(Stored data)
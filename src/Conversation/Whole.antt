-- ===== src/Conversation/Whole.antt =====
-- client.c and server.c together: from what the user types to what the server answers.
use local_server_c.Base.{
  ℕ, suc, pos, Option, ◌+◌, ◌-◌, ◌≤◌, ◌≡◌, refl, List, [], ◌∷◌, ◌++◌, ◌==◌, ◌||◌, inl, inr,
  Bool-cases, map, length, length-append, length-take, All, arith,
}
use local_server_c.Base.Text.{length-c_str_le, c_str, strlen, NulFree, NulFree-take, NulFree-c_str}
use local_server_c.Request
use local_server_c.Request.RoundTrip.{Hears}
use local_server_c.Queue.{ServerQueue}
use local_server_c.Queue.Life.{World}
use local_server_c.Client.{typed_from, typed}
use local_server_c.Client.Requests.{requests, cut, is_exit, known, has_exit, commands_of, Answered}
use local_server_c.Client.Life.{exits, MainEnv, main}
use local_server_c.Client.Starting.{Asks, Cleans, Starts, restored}
use local_server_c.Client.Ending.{main-commands}
use local_server_c.Server.Session.{notice, goodbye, removes, Round}
use local_server_c.Conversation.{Runs, Sendable, serve_all, texts_of, responses, serve_all-commands}

-- `fgets` stores at most 255 bytes.
typed-short :
    (room : ℕ) (line input : List ℕ)
    → room + length line ≤ 254
    → All (λ l. length l ≤ 255) (typed_from room line input)
unfolding typed_from
typed-short room [] [] h = tt
typed-short room (b ∷ line) [] h = (omega arith, tt)
typed-short room line (c ∷ input) h =
    let size = length-append line (c ∷ []) in
    elim (Bool-cases (c == 10 || room == 0)) [
      | inl e ↦ simp e (omega (arith, size), typed-short 254 [] input (omega arith))
      | inr e ↦
          let more : 1 ≤ room = ground arith in
          simp e (typed-short (room - 1) (line ++ c ∷ []) input (omega (arith, size)))
    ]

length-cut_le : (line : List ℕ) → length (cut line) ≤ length line
length-cut_le line = omega (arith, length-take (strlen line - 1) (c_str line), length-c_str_le line)

cut-NulFree : (line : List ℕ) → NulFree (cut line)
cut-NulFree line = NulFree-take (strlen line - 1) (c_str line) (NulFree-c_str line)

commands_of-Sendable :
    (lines : List (List ℕ)) → All (λ l. length l ≤ 255) lines → All Sendable (commands_of lines)
commands_of-Sendable [] h = tt
commands_of-Sendable (line ∷ lines) (short, rest) = elim (Bool-cases (is_exit (cut line))) [
  | inl last ↦ simp last tt
  | inr other ↦ elim (Bool-cases (known (cut line))) [
    | inl k ↦
        simp (other, k)
          (
            (cut-NulFree line, (omega (arith, length-cut_le line), refl)),
            commands_of-Sendable lines rest,
          )
    | inr u ↦ simp (other, u) (commands_of-Sendable lines rest)
  ]
]

-- When every call of both programs works, every request is answered and the user types no NUL byte,
-- the thread of the server runs, whole and in order, the commands that the user types before `exit`;
-- it answers each with its output and ends with the goodbye for the `exit` that the client sends
-- last, typed or not. The client ends with EXIT_SUCCESS exactly when `exit` was typed, and leaves
-- the memory, the descriptors and the pipes as they were, but for its request in the queue.
pub main-serve_all :
    (env : MainEnv) (input : List ℕ) (w : World)
    → Starts env w
    → (object : Option ServerQueue) → Asks env w object
    → Cleans env.clean env.config
    → NulFree input
    → (answers : ℕ → List ℕ) → ((i : ℕ) → Answered env.fuel (env.exchanges i) (answers i))
    → (fuel capacity : ℕ) (rounds : ℕ → Round) → ((i : ℕ) → Runs fuel capacity (rounds i))
    → ((i : ℕ) → (n : ℕ) × ((rounds i).sent ((rounds i).output ++ 0 ∷ []) ≡ pos (suc n)))
    → (l : Request.ListenEnv) (memory : List ℕ) → Hears l
    → let (acts, end) = main env input w in
      (texts_of fuel capacity rounds l memory (requests acts) ≡ commands_of (typed input))
      × (serve_all fuel capacity rounds l memory (requests acts) ≡ (
        responses fuel capacity rounds 0 (commands_of (typed input)) ++ notice goodbye ∷ [],
        removes,
      ))
      × (end ≡ exits (has_exit (map cut (typed input))) (restored (record w { object = object })))
unfolding typed
main-serve_all env input w starts object asked c text answers answered fuel capacity rounds runs
      received l memory hears =
    let cs = commands_of (typed input) in
    let sent = main-commands env input w starts object asked c text answers answered in
    let sendable = commands_of-Sendable (typed input) (typed-short 254 [] input (omega arith)) in
    let (ran, answered') =
      serve_all-commands fuel capacity rounds runs received l memory cs hears sendable in
    rw (sent.0) (ran, answered', sent.1)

### Your objective
Could you retype all of the entries exactly, leaving none out?

### Written solution
filename src/Conversation/Whole.antt
-- ===== src/Conversation/Whole.antt =====
-- client.c and server.c together: from what the user types to what the server answers.
use local_server_c.Base.{
  ℕ, suc, pos, Option, ◌+◌, ◌-◌, ◌≤◌, ◌≡◌, refl, List, [], ◌∷◌, ◌++◌, ◌==◌, ◌||◌, inl, inr,
  Bool-cases, map, length, length-append, length-take, All, arith,
}
use local_server_c.Base.Text.{length-c_str_le, c_str, strlen, NulFree, NulFree-take, NulFree-c_str}
use local_server_c.Request
use local_server_c.Request.RoundTrip.{Hears}
use local_server_c.Queue.{ServerQueue}
use local_server_c.Queue.Life.{World}
use local_server_c.Client.{typed_from, typed}
use local_server_c.Client.Requests.{requests, cut, is_exit, known, has_exit, commands_of, Answered}
use local_server_c.Client.Life.{exits, MainEnv, main}
use local_server_c.Client.Starting.{Asks, Cleans, Starts, restored}
use local_server_c.Client.Ending.{main-commands}
use local_server_c.Server.Session.{notice, goodbye, removes, Round}
use local_server_c.Conversation.{Runs, Sendable, serve_all, texts_of, responses, serve_all-commands}

-- `fgets` stores at most 255 bytes.
typed-short :
    (room : ℕ) (line input : List ℕ)
    → room + length line ≤ 254
    → All (λ l. length l ≤ 255) (typed_from room line input)
unfolding typed_from
typed-short room [] [] h = tt
typed-short room (b ∷ line) [] h = (omega arith, tt)
typed-short room line (c ∷ input) h =
    let size = length-append line (c ∷ []) in
    elim (Bool-cases (c == 10 || room == 0)) [
      | inl e ↦ simp e (omega (arith, size), typed-short 254 [] input (omega arith))
      | inr e ↦
          let more : 1 ≤ room = ground arith in
          simp e (typed-short (room - 1) (line ++ c ∷ []) input (omega (arith, size)))
    ]

length-cut_le : (line : List ℕ) → length (cut line) ≤ length line
length-cut_le line = omega (arith, length-take (strlen line - 1) (c_str line), length-c_str_le line)

cut-NulFree : (line : List ℕ) → NulFree (cut line)
cut-NulFree line = NulFree-take (strlen line - 1) (c_str line) (NulFree-c_str line)

commands_of-Sendable :
    (lines : List (List ℕ)) → All (λ l. length l ≤ 255) lines → All Sendable (commands_of lines)
commands_of-Sendable [] h = tt
commands_of-Sendable (line ∷ lines) (short, rest) = elim (Bool-cases (is_exit (cut line))) [
  | inl last ↦ simp last tt
  | inr other ↦ elim (Bool-cases (known (cut line))) [
    | inl k ↦
        simp (other, k)
          (
            (cut-NulFree line, (omega (arith, length-cut_le line), refl)),
            commands_of-Sendable lines rest,
          )
    | inr u ↦ simp (other, u) (commands_of-Sendable lines rest)
  ]
]

-- When every call of both programs works, every request is answered and the user types no NUL byte,
-- the thread of the server runs, whole and in order, the commands that the user types before `exit`;
-- it answers each with its output and ends with the goodbye for the `exit` that the client sends
-- last, typed or not. The client ends with EXIT_SUCCESS exactly when `exit` was typed, and leaves
-- the memory, the descriptors and the pipes as they were, but for its request in the queue.
pub main-serve_all :
    (env : MainEnv) (input : List ℕ) (w : World)
    → Starts env w
    → (object : Option ServerQueue) → Asks env w object
    → Cleans env.clean env.config
    → NulFree input
    → (answers : ℕ → List ℕ) → ((i : ℕ) → Answered env.fuel (env.exchanges i) (answers i))
    → (fuel capacity : ℕ) (rounds : ℕ → Round) → ((i : ℕ) → Runs fuel capacity (rounds i))
    → ((i : ℕ) → (n : ℕ) × ((rounds i).sent ((rounds i).output ++ 0 ∷ []) ≡ pos (suc n)))
    → (l : Request.ListenEnv) (memory : List ℕ) → Hears l
    → let (acts, end) = main env input w in
      (texts_of fuel capacity rounds l memory (requests acts) ≡ commands_of (typed input))
      × (serve_all fuel capacity rounds l memory (requests acts) ≡ (
        responses fuel capacity rounds 0 (commands_of (typed input)) ++ notice goodbye ∷ [],
        removes,
      ))
      × (end ≡ exits (has_exit (map cut (typed input))) (restored (record w { object = object })))
unfolding typed
main-serve_all env input w starts object asked c text answers answered fuel capacity rounds runs
      received l memory hears =
    let cs = commands_of (typed input) in
    let sent = main-commands env input w starts object asked c text answers answered in
    let sendable = commands_of-Sendable (typed input) (typed-short 254 [] input (omega arith)) in
    let (ran, answered') =
      serve_all-commands fuel capacity rounds runs received l memory cs hears sendable in
    rw (sent.0) (ran, answered', sent.1)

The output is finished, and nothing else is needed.